Elections in Afghanistan

Amidst bombings, intimidation and voterigging the first round of the election has ended. And all under the iron military grip of US Imperialism

It has all gone according to the script. The way the media put it, in these elections which the USA wanted and supported so much, and against which the Taliban have tried to impose an electoral boycott (partially successful in the south), the American-NATO army is the guarantor of democratic consultation against Islamic terrorism. It’s a bit of a paradox that the new Obama administration in the wake of the previous Bush regime which wanted to export democracy by military force now declares that it is defending it with the same means, against the same objective, the terrorism of Al Qaeda and its followers.

40-50% of electors turned out to vote as against the 70% of the previous election in 2004. Karzai has to win, whether in the first round or in a runoff, doesn’t matter, as long as he wins. He has always been America’s man from the time of the old UNOCAL project. And it doesn’t matter who wins between Karzai and his former Foreign Minister, Abdullah, even though the former enjoys the grace and favour of Washington, since it will change neither the internal situation nor the international significance of Afghanistan. Both candidates who accuse each other of vote rigging and intimidation, will have to settle accounts with the American military presence in the country. In reality, there is nothing more paradoxical than the fact that official promises of the candidates don't correspond to the reality of war which has devastated Afghanistan for decades. American imperialism’s renewed interest in this central Asian country, in its election with it support for whichever candidate wins, has nothing to do with the war on terrorism except for the fact that it needs to free itself from an old ally (the Taliban - CWO) that not longer plays a part in its strategic plans but which it once armed, financed and politically invented.
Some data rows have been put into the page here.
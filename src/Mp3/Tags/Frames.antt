-- ===== src/Mp3/Tags/Frames.antt =====
-- The turns and the loops of the parsers: what they read, where they go on, and that they come to an end.
use tracker_miners.Base.{
  ℕ, zero, suc, ◌+◌, ◌-◌, ◌≤◌, ◌<◌, sym, subst, Bool, true, false, ◌||◌, List, nat_eq, ltb, ltb→lt,
  arith, length,
}
use tracker_miners.Mp3.{
  Fault, assertion_failed, Outcome, bit, extract_uint32, extract_uint16, extract_uint32_3byte,
}
use tracker_miners.Mp3.Reads.{
  Within, Any, Within-bind, Within-if, Within-elim, Reads, read-bind, extract_uint32-Within,
  extract_uint16-Within, extract_uint32_3byte-Within,
}
use tracker_miners.Mp3.Unsync.{un_unsync-Within}
use tracker_miners.Mp3.Tables.{
  Id3v24frame, id3v24_unknown, Id3v2frame, id3v2_unknown, id3v24_get_frame, id3v2_get_frame,
}
use tracker_miners.Mp3.Tables.Lookup.{id3v24_get_frame-scan_frames, id3v2_get_frame-scan_frames}
use tracker_miners.Mp3.Tags.{
  Call, get_id3v20_tags, Turn, break, skip, hand, read_bytes, frame_content, hand_frame,
  known_frame, sort_frame, is_footer, frame_turn, sort_frame_v20, frame_turn_v20, follow,
  frame_loop,
}

-- a turn goes on, if at all, behind `pos`
abbrev pub Advances : ℕ → Turn → Type 0
Advances pos break = Unit
Advances pos (skip p) = pos < p
Advances pos (hand call p) = pos < p

module _ (allowed : Fault → Type 0) where
  abbrev Lookups : Type 0
  Lookups =
      ((name : ℕ) → Within allowed Any (id3v24_get_frame name))
      × ((name : ℕ) → Within allowed Any (id3v2_get_frame name))

  get_frame-Within : Lookups
  get_frame-Within = (
    λ name. subst (Within allowed Any) (sym (id3v24_get_frame-scan_frames name)) tt,
    λ name. subst (Within allowed Any) (sym (id3v2_get_frame-scan_frames name)) tt,
  )

  follow-Within :
      (next : ℕ → Outcome (List Call)) (pos : ℕ) (turn : Turn)
      → Advances pos turn
      → ((p : ℕ) → pos < p → Within allowed Any (next p))
      → Within allowed Any (follow next turn)
  follow-Within next pos break a h = tt
  follow-Within next pos (skip p) a h = h p a
  follow-Within next pos (hand call p) a h =
      Within-bind allowed Any Any (next p) _ (h p a) (λ c u. tt)

  pub frame_loop-Within :
      (turn : ℕ → Outcome Turn) (fuel end pos : ℕ)
      → ((p : ℕ) → pos ≤ p → p < end → Within allowed (Advances p) (turn p))
      → end ≤ pos + fuel
      → Within allowed Any (frame_loop turn fuel end pos)
  unfolding frame_loop
  frame_loop-Within turn zero end pos h k =
      Within-if allowed Any (ltb pos end) _ _ (λ e. absurd (ground (arith, ltb→lt pos end e)))
        (λ e. tt)
  frame_loop-Within turn (suc fuel) end pos h k =
      Within-elim allowed Any (ltb pos end) _ _
        (λ e.
          Within-bind allowed (Advances pos) Any (turn pos) _
            (h pos (omega arith) (ltb→lt pos end e))
            λ t a.
              follow-Within (frame_loop turn fuel end) pos t a
                λ p l. frame_loop-Within turn fuel end p (λ q m. h q (omega arith)) (omega arith))
        (λ e. tt)

  module _ (buffer : List ℕ) (bound : ℕ) (reads : Reads allowed buffer bound) where
    read_bytes-Within : (n p : ℕ) → p + n ≤ bound → Within allowed Any (read_bytes n buffer p)
    unfolding read_bytes
    read_bytes-Within zero p h = tt
    read_bytes-Within (suc n) p h = read-bind allowed buffer bound reads p (omega arith) Any _ λ b.
        Within-bind allowed Any Any (read_bytes n buffer (p + 1)) _
          (read_bytes-Within n (p + 1) (omega arith)) λ r u. tt

    hand_frame-Within :
        (tags : List ℕ → Call) (unsynced : Bool) (start pos csize : ℕ)
        → pos + csize < bound
        → start < pos
        → Within allowed (Advances start) (hand_frame tags unsynced buffer pos csize)
    unfolding hand_frame frame_content
    hand_frame-Within tags unsynced start pos csize h k =
        Within-bind allowed Any (Advances start) (frame_content unsynced buffer pos csize) _
          (Within-if allowed Any unsynced _ _
            (λ e. un_unsync-Within allowed buffer bound reads pos csize h)
            (λ e. read_bytes-Within csize pos (omega arith)))
          (λ c u. omega arith)

    known_frame-Within :
        (tags : List ℕ → Call) (unsync : Bool) (tsize start pos csize flags : ℕ)
        → tsize + 10 < bound
        → start < pos
        → Within allowed (Advances start) (known_frame tags unsync buffer tsize pos csize flags)
    unfolding known_frame
    known_frame-Within tags unsync tsize start pos csize flags h k =
        Within-if allowed (Advances start) (ltb (tsize + 10) (pos + csize)) _ _ (λ e. tt)
          λ fits.
            Within-if allowed (Advances start) (nat_eq csize 0) _ _ (λ e. k)
              λ full.
                Within-if allowed (Advances start) (bit 0x80 flags || bit 0x40 flags) _ _
                  (λ e. omega arith)
                  λ plain.
                    Within-if allowed (Advances start) (bit 0x20 flags) _ _
                      (λ e.
                        hand_frame-Within tags _ start (pos + 1) (csize - 1) (ground arith)
                          (omega arith))
                      (λ e. hand_frame-Within tags _ start pos csize (ground arith) k)

    sort_frame-Within :
        (tags : Id3v24frame → List ℕ → Call) (unsync : Bool) (tsize start pos csize flags : ℕ)
        (frame : Id3v24frame)
        → tsize + 10 < bound
        → start < pos
        → Within allowed
            (Advances start)
            (sort_frame tags unsync buffer tsize pos csize flags frame)
    sort_frame-Within tags unsync tsize start pos csize flags id3v24_unknown h k = omega arith
    sort_frame-Within tags unsync tsize start pos csize flags frame h k =
        known_frame-Within (tags frame) unsync tsize start pos csize flags h k

    sort_frame_v20-Within :
        (unsync : Bool) (tsize start pos csize : ℕ) (frame : Id3v2frame)
        → tsize + 10 < bound
        → start < pos
        → Within allowed (Advances start) (sort_frame_v20 unsync buffer tsize pos csize frame)
    sort_frame_v20-Within unsync tsize start pos csize id3v2_unknown h k = omega arith
    sort_frame_v20-Within unsync tsize start pos csize frame h k =
        Within-if allowed (Advances start) (ltb (tsize + 10) (pos + csize)) _ _ (λ e. tt)
          λ fits. hand_frame-Within (get_id3v20_tags frame) unsync start pos csize (ground arith) k

    is_footer-Within :
        (footers : Bool) (pos : ℕ)
        → pos + 2 < bound
        → Within allowed Any (is_footer footers buffer pos)
    is_footer-Within false pos h = tt
    is_footer-Within true pos h =
        Within-bind allowed Any Any (extract_uint32_3byte buffer pos) _
          (extract_uint32_3byte-Within allowed buffer bound reads pos h) (λ n u. tt)

    pub frame_turn-Within :
        (tags : Id3v24frame → List ℕ → Call) (footers : Bool) (size_at : List ℕ → ℕ → Outcome ℕ)
        (unsync : Bool) (tsize pos : ℕ)
        → ((p : ℕ) → p + 3 < bound → Within allowed Any (size_at buffer p))
        → tsize + 10 < bound
        → pos < tsize + 10
        → (length buffer < tsize + 19 → allowed assertion_failed)
        → 10 ≤ length buffer
        → Within allowed (Advances pos) (frame_turn tags footers size_at unsync buffer tsize pos)
    unfolding frame_turn
    frame_turn-Within tags footers size_at unsync tsize pos sizes h k asserts least =
        Within-if allowed (Advances pos) (ltb (length buffer - 10) pos) _ _
          (λ e. asserts (ground (arith, ltb→lt (length buffer - 10) pos e)))
          λ e.
            Within-if allowed (Advances pos) (ltb (tsize + 10) (pos + 10)) _ _ (λ f. tt)
              λ f. read-bind allowed buffer bound reads pos (omega arith) (Advances pos) _ λ first.
                Within-bind allowed Any (Advances pos) (is_footer footers buffer pos) _
                  (is_footer-Within footers pos (ground arith))
                  λ footer u.
                    Within-if allowed (Advances pos) (nat_eq first 0 || footer) _ _ (λ g. tt)
                      λ g.
                        Within-bind allowed Any (Advances pos) (extract_uint32 buffer pos) _
                          (extract_uint32-Within allowed buffer bound reads pos (ground arith))
                          λ name u.
                            Within-bind allowed Any (Advances pos) (id3v24_get_frame name) _
                              (get_frame-Within.0 name)
                              λ frame u.
                                Within-bind allowed Any (Advances pos) (size_at buffer (pos + 4)) _
                                  (sizes (pos + 4) (ground arith))
                                  λ csize u.
                                    Within-if allowed (Advances pos)
                                      (ltb (length buffer - 10 - pos) csize) _ _ (λ i. tt)
                                      λ i.
                                        Within-bind allowed Any (Advances pos)
                                          (extract_uint16 buffer (pos + 8)) _
                                          (extract_uint16-Within allowed buffer bound reads
                                            (pos + 8) (ground arith))
                                          λ flags u.
                                            sort_frame-Within tags unsync tsize pos (pos + 10) csize
                                              flags frame h (omega arith)

    pub frame_turn_v20-Within :
        (unsync : Bool) (tsize pos : ℕ)
        → tsize + 10 < bound
        → pos < tsize + 10
        → (length buffer < tsize + 15 → allowed assertion_failed)
        → 6 ≤ length buffer
        → Within allowed (Advances pos) (frame_turn_v20 unsync buffer tsize pos)
    unfolding frame_turn_v20
    frame_turn_v20-Within unsync tsize pos h k asserts least =
        Within-if allowed (Advances pos) (ltb (length buffer - 6) pos) _ _
          (λ e. asserts (ground (arith, ltb→lt (length buffer - 6) pos e)))
          λ e.
            Within-if allowed (Advances pos) (ltb (tsize + 10) (pos + 6)) _ _ (λ f. tt)
              λ f. read-bind allowed buffer bound reads pos (omega arith) (Advances pos) _ λ first.
                Within-if allowed (Advances pos) (nat_eq first 0) _ _ (λ g. tt)
                  λ g.
                    Within-bind allowed Any (Advances pos) (extract_uint32_3byte buffer pos) _
                      (extract_uint32_3byte-Within allowed buffer bound reads pos (ground arith))
                      λ name u.
                        Within-bind allowed Any (Advances pos) (id3v2_get_frame name) _
                          (get_frame-Within.1 name)
                          λ frame u.
                            Within-bind allowed Any (Advances pos)
                              (extract_uint32_3byte buffer (pos + 3)) _
                              (extract_uint32_3byte-Within allowed buffer bound reads (pos + 3)
                                (ground arith))
                              λ csize u.
                                Within-if allowed (Advances pos)
                                  (ltb (length buffer - pos - 6) csize) _ _ (λ i. tt)
                                  λ i.
                                    sort_frame_v20-Within unsync tsize pos (pos + 6) csize frame h
                                      (omega arith)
Besides the old UNOCAL project which planned to build an oil pipeline to carry the black gold from Kazakhstan to Pakistan via Afghanistan (it has never been carried out but has also not been definitely shelved) Karzai’s turbulent country continues to be at the centre of US energy strategy. That’s why it wants to have an Afghanistan which is pacified, reliable and politically aligned. Recently (17 July 2009) Turkmenistan and the US signed an agreement to build a gas pipeline from the neighbourhood of Dualatabad through Afghanistan to Gwadar in Pakistan. The project has a number of advantages all of them of equal worth.

The first is the US’ real need to get back into the Central Asian energy game . Turkmenistan is the leading gas producer in the area as well as having small but significant deposits of oil. The other is that it draws away an important partner from the obstacle of Russia’s presence in the area since Moscow and Beijing have reached important oil agreements with Nazarbeyev’s Kazakhstan and have done everything to get the US bases in the region, installed after 9/11, shut down. The third factor is that it brings Pakistan back into line. Recently the administration of the US ex-ally Musharraf had conceded the full right of economic penetration in Baluchistan to China, as well as the contract to modernise the port of Gwadar.

In wider terms the American imperialist effort is also a response to the equally imperialist energy strategy of Russia. The later is expecting to sign an agreement with Turkey allowing the passage of the South Stream oil pipeline through Turkish territorial waters in return for a toll of $630 million and the possibility for Turkey to get the use of the transported oil at rock bottom prices. It is no accident that the first foreign trip of Obama abroad, as soon as he was settled in the White House was to Turkey, to ensure the terminal of the Nabucco gas pipeline in the usual port of Ceyhan which would have to struggle in terms of project development with Russia’s already opened South Stream. It’s also no accident that, on the probable suggestion of Obama, Davotoglu, the Turkish Minister for Foreign Affairs made a trip with full diplomatic status to Afghanistan and Pakistan in order to create the political conditions for a geographical axis which unites the southern shores of the Caspian to the Turkish Mediterranean passing through Kabul and Islamabad and all under the interested patronage of Washington. In the Nabucco Project there is also a new strategy (yet to be fully outlined, especially in regard to how it will come about) of finding room for Iran, with the objective of detaching Tehran from Russian influence, thus redrawing the borders of imperialist competition in one of the most economically and strategically important regions in the world.

This is why the Afghan elections have taken place against a background of such intense diplomatic activity, a reinforced American military presence and a merciless struggle against any political disruption which in any way would hamper the new imperialist course taken by Obama. Nothing new under the sun here, except for the change of personnel in the administration, and the tactical shift from that of the past but the strategy remains the same, for good or ill.